Я не часто бывала в ресторанах, но Фонни бывал, кроме того, он немного знал испанский, и я почувствовала, что официанты поддразнивают его из-за меня. А потом, когда мне представили того, который должен был обслуживать наш столик — некоего Педросито, судя по уменьшительному имени самого молоденького здесь, — я вспомнила, что на нашей улице нас с Фонни прозвали Ромео и Джульетта и вечно подтрунивали над нами. Но не так, как здесь.

Я иногда отпрашиваюсь с работы, если можно повидаться с Фонни днем, а потом еще раз в шесть часов, и тогда прихожу из Центра в Гринич-Вилледж, сажусь в глубине зала, и меня кормят здесь, не тратя лишних слов, заботливо следя, чтобы я поела — хоть немножко. Сколько раз Луисито, который недавно приехал из Испании и с трудом объяснялся по-английски, убирал тарелку с нетронутым, остывшим омлетом его собственного приготовления и приносил другой, горячий, говоря: — Сеньорита? Por favor [31]. Ему и вашему muchacho [32] надо, чтобы вы были сильная. Он не простит, если мы позволим вам голодать. Мы его друзья. Он нам доверяет. Вы тоже должны доверять. — Он наливал мне немножко красного вина. — Вино — это хорошо. Мед-лен-но! — Я отпивала глоток. Он улыбался, но не отходил от меня, пока я не принималась за еду. Потом: — Будет мальчик, — говорил он улыбаясь и уходил. Они помогли мне одолеть не один страшный день. Это самые хорошие люди из всех, кого я знала в Нью-Йорке. Они берегли меня. Когда ездить мне стало труднее, когда я отяжелела, Джозеф, и Фрэнк, и Шерон — все работали, а Эрнестина, как всегда, воевала, эти люди делали вид, будто у них какие-то дела поблизости от тюрьмы, и с самым обычным и естественным видом — а для них это и было естественно — подвозили меня к своему ресторанчику, а к шести часам доставляли опять к тюрьме. Я не забуду этого: они все понимали.

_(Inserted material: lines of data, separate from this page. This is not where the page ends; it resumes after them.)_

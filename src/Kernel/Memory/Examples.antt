-- ===== src/Kernel/Memory/Examples.antt =====
-- The theorems on memory at a small pool.
use openblt.Prelude.{ℕ, ◌≡◌, refl, some, [], ◌∷◌, arith}
use openblt.Kernel.Memory.{Heap, Pool, kmalloc_p, pos}
use openblt.Kernel.Memory.Pools.{IsPool, Allocated, kmalloc_p-Allocated}

-- A pool of blocks of 16 bytes, with one in use, one free and two fresh.
abbrev pool_of_16 : Pool
pool_of_16 = record {
  size = 16;
  used_count = pos 1;
  fresh_count = pos 2;
  free_count = pos 1;
  free_chain = 4096;
  fresh_chain = 4128;
}

abbrev pools : Heap
pools = record { km_map = λ c. pool_of_16; next = λ b. 0 }

pools-IsPool : IsPool (λ b. 0) pool_of_16 (4112 ∷ []) (4096 ∷ [])
pools-IsPool = record {
  sized = ground arith;
  small = ground arith;
  chain = ground arith;
  free_distinct = ground arith;
  apart = λ b h. ground arith;
  blocks = λ a b h g. ground arith;
  left = 1;
  count = refl;
  fresh = λ b h. ground arith;
  real = λ b h. ground arith;
  fresh_real = ground arith;
}

kmalloc_p-Allocated_example :
    (m' : Heap) × (block : ℕ) × (kmalloc_p 0 pools ≡ some (m', block))
    × Allocated pools 0 (4112 ∷ []) m' block
kmalloc_p-Allocated_example =
    kmalloc_p-Allocated pools 0 (4112 ∷ []) (ground arith) (4096 ∷ []) pools-IsPool (ground arith)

Но в тот субботний вечер мы еще не знали наперед, что случится. Фонни ничего не знал, и нам было хорошо, всем нам было хорошо. Я выпила одну рюмочку «Маргериты», хотя мы понимали, что это воспрещается нашим поганым, сучьим законом, а Фонни выпил виски, так как в двадцать один год пить уже разрешено. У него большие руки. Он взял мои и спрятал в них свои — большие. — Я хочу кое-что показать тебе немного погодя, — сказал он. Не знаю, чьи руки дрожали — мои или его, кто прятал их, кто сжимал. — Ладно, — ответила я. Фонни заказал паэллу [33], и, когда ее подали, мы разомкнули руки и он по всем правилам хорошего тона положил мне мою порцию. — Следующий раз твоя очередь, — сказал он, и мы рассмеялись и стали есть. И пили вино. И на столике у нас горели свечи. И, входя в ресторан, люди как-то странно посматривали на нас, но: — Ничего, здешние хозяева народ знакомый, — сказал Фонни, и мы снова рассмеялись и почувствовали, что нам ничего не грозит.